INFORMATION GIVEN:

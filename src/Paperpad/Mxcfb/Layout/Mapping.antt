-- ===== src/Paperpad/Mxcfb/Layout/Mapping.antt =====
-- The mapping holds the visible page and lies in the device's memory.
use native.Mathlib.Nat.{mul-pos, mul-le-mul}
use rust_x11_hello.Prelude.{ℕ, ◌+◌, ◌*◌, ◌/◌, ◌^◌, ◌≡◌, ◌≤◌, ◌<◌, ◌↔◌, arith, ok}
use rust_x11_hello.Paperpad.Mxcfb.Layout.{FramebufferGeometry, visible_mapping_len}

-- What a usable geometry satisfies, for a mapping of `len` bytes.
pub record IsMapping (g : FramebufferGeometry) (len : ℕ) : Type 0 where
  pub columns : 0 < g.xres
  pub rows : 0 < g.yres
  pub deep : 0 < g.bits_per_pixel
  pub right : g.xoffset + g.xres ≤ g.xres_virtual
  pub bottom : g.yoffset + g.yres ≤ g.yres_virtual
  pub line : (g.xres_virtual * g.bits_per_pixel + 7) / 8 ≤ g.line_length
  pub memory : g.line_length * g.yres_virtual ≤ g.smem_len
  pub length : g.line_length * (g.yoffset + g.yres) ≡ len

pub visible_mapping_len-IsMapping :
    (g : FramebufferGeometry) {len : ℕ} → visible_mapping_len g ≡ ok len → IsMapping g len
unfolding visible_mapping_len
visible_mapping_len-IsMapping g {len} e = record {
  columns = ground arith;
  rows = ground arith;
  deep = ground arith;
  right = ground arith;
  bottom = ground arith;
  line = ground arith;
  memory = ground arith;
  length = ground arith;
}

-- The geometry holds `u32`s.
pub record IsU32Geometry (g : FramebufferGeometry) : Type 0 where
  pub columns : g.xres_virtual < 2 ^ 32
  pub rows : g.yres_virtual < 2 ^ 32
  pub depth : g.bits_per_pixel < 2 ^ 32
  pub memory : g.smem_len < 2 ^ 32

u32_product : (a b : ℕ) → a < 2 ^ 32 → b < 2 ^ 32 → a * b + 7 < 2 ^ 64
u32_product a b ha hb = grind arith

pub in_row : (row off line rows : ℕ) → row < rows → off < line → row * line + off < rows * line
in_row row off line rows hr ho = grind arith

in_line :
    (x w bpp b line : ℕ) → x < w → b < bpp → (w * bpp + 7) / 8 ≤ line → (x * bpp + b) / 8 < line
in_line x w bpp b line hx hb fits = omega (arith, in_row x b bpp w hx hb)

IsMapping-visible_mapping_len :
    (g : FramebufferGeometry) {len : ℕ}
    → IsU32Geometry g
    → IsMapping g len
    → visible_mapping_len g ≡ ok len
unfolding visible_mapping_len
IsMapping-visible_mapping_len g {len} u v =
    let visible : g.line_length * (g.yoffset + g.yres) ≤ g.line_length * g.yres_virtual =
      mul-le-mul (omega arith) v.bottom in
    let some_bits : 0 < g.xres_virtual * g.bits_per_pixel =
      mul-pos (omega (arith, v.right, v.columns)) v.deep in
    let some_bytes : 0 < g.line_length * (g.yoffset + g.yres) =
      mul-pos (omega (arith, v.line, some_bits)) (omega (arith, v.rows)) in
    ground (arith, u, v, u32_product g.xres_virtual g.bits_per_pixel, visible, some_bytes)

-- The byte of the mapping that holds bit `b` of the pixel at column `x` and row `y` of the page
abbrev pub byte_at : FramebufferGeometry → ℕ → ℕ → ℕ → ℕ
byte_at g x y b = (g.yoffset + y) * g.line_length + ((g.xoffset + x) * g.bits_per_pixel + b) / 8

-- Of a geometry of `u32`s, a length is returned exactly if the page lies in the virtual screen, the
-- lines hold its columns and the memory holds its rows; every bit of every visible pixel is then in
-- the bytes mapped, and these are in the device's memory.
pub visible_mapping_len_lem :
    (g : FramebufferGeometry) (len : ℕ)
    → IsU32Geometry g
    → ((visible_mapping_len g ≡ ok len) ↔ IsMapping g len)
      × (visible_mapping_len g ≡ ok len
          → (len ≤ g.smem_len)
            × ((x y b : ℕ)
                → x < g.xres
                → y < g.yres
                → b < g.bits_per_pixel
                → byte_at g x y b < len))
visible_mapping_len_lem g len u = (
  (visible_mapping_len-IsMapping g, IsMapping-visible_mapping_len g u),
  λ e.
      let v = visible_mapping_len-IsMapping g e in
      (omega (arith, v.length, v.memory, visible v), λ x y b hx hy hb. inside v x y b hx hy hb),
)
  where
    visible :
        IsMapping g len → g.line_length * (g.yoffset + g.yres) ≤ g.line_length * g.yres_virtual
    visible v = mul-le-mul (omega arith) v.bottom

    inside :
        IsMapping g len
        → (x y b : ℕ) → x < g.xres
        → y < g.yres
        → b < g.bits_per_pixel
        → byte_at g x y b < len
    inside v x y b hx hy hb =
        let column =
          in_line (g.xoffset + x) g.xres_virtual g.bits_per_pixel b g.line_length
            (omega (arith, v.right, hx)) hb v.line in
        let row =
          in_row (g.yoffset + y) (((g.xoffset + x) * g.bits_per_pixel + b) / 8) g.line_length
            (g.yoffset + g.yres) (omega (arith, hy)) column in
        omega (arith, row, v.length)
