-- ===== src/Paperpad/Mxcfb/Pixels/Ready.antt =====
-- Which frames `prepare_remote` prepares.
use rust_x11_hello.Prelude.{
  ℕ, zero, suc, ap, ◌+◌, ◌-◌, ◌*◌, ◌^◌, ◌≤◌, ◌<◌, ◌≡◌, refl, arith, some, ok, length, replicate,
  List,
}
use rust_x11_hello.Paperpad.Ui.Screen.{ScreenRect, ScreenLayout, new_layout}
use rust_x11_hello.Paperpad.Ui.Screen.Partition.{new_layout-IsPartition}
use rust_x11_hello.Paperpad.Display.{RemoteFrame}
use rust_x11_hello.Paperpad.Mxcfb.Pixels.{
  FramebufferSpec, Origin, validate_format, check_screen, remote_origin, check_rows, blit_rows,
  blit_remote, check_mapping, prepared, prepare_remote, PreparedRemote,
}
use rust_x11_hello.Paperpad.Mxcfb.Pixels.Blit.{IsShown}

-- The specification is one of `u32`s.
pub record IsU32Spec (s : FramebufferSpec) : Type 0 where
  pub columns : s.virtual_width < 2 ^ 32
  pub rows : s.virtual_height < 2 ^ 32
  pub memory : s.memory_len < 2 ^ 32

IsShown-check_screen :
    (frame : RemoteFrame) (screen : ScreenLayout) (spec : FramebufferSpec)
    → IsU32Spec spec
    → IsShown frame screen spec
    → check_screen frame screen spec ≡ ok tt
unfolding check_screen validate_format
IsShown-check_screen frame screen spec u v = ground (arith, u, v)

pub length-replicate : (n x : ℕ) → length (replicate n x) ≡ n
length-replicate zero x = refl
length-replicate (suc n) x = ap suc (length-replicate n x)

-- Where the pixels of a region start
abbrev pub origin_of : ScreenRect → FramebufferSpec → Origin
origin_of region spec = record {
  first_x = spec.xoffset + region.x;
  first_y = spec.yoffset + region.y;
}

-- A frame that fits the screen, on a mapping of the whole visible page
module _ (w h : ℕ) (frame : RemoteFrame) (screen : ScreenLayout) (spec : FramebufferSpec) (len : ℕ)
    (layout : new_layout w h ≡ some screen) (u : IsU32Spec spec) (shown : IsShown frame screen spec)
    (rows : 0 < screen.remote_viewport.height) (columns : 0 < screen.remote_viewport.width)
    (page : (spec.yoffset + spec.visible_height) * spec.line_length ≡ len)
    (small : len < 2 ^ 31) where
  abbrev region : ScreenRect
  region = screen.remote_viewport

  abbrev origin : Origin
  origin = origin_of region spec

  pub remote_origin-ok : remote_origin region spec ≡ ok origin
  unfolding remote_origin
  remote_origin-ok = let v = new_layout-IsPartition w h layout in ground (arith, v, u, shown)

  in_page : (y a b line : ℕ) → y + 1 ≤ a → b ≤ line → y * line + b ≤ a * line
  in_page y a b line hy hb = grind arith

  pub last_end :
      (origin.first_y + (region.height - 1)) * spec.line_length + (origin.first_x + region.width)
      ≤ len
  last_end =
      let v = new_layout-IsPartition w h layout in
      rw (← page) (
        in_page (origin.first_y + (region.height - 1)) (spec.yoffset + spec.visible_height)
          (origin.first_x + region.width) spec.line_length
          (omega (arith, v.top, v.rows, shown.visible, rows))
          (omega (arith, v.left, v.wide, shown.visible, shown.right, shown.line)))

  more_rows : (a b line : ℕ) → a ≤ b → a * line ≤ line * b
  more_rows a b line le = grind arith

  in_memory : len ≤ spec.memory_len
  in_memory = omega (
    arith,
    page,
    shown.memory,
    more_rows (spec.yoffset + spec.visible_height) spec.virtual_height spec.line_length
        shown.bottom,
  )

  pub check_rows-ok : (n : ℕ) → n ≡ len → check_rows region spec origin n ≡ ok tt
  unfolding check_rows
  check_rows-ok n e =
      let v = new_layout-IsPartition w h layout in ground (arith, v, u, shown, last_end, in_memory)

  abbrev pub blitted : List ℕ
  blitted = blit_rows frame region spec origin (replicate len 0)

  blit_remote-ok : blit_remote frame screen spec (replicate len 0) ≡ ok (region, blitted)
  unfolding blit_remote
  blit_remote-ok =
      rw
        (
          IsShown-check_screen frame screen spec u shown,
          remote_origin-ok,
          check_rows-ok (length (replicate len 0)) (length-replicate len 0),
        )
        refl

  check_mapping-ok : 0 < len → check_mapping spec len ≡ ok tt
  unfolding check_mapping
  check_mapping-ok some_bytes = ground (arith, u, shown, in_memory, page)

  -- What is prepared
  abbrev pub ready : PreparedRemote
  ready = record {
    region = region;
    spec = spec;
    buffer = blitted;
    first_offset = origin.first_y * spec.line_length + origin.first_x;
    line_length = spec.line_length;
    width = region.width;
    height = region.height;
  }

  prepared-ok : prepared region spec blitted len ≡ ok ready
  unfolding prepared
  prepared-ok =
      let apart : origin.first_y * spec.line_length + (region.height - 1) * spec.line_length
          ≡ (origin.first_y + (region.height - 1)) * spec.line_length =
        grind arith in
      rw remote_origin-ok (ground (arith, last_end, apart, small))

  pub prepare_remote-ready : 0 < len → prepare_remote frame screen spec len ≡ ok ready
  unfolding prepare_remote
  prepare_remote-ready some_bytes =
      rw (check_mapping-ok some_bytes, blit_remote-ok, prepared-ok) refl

THE PROBLEM: Return, exactly, the lines from the first line of the records above to the line containing "pub in_row : (row", both included.

OUTPUT OF THE EXERCISE:
filename src/Paperpad/Mxcfb/Layout/Mapping.antt
-- ===== src/Paperpad/Mxcfb/Layout/Mapping.antt =====
-- The mapping holds the visible page and lies in the device's memory.
use native.Mathlib.Nat.{mul-pos, mul-le-mul}
use rust_x11_hello.Prelude.{ℕ, ◌+◌, ◌*◌, ◌/◌, ◌^◌, ◌≡◌, ◌≤◌, ◌<◌, ◌↔◌, arith, ok}
use rust_x11_hello.Paperpad.Mxcfb.Layout.{FramebufferGeometry, visible_mapping_len}

-- What a usable geometry satisfies, for a mapping of `len` bytes.
pub record IsMapping (g : FramebufferGeometry) (len : ℕ) : Type 0 where
  pub columns : 0 < g.xres
  pub rows : 0 < g.yres
  pub deep : 0 < g.bits_per_pixel
  pub right : g.xoffset + g.xres ≤ g.xres_virtual
  pub bottom : g.yoffset + g.yres ≤ g.yres_virtual
  pub line : (g.xres_virtual * g.bits_per_pixel + 7) / 8 ≤ g.line_length
  pub memory : g.line_length * g.yres_virtual ≤ g.smem_len
  pub length : g.line_length * (g.yoffset + g.yres) ≡ len

pub visible_mapping_len-IsMapping :
    (g : FramebufferGeometry) {len : ℕ} → visible_mapping_len g ≡ ok len → IsMapping g len
unfolding visible_mapping_len
visible_mapping_len-IsMapping g {len} e = record {
  columns = ground arith;
  rows = ground arith;
  deep = ground arith;
  right = ground arith;
  bottom = ground arith;
  line = ground arith;
  memory = ground arith;
  length = ground arith;
}

-- The geometry holds `u32`s.
pub record IsU32Geometry (g : FramebufferGeometry) : Type 0 where
  pub columns : g.xres_virtual < 2 ^ 32
  pub rows : g.yres_virtual < 2 ^ 32
  pub depth : g.bits_per_pixel < 2 ^ 32
  pub memory : g.smem_len < 2 ^ 32

u32_product : (a b : ℕ) → a < 2 ^ 32 → b < 2 ^ 32 → a * b + 7 < 2 ^ 64
u32_product a b ha hb = grind arith

pub in_row : (row off line rows : ℕ) → row < rows → off < line → row * line + off < rows * line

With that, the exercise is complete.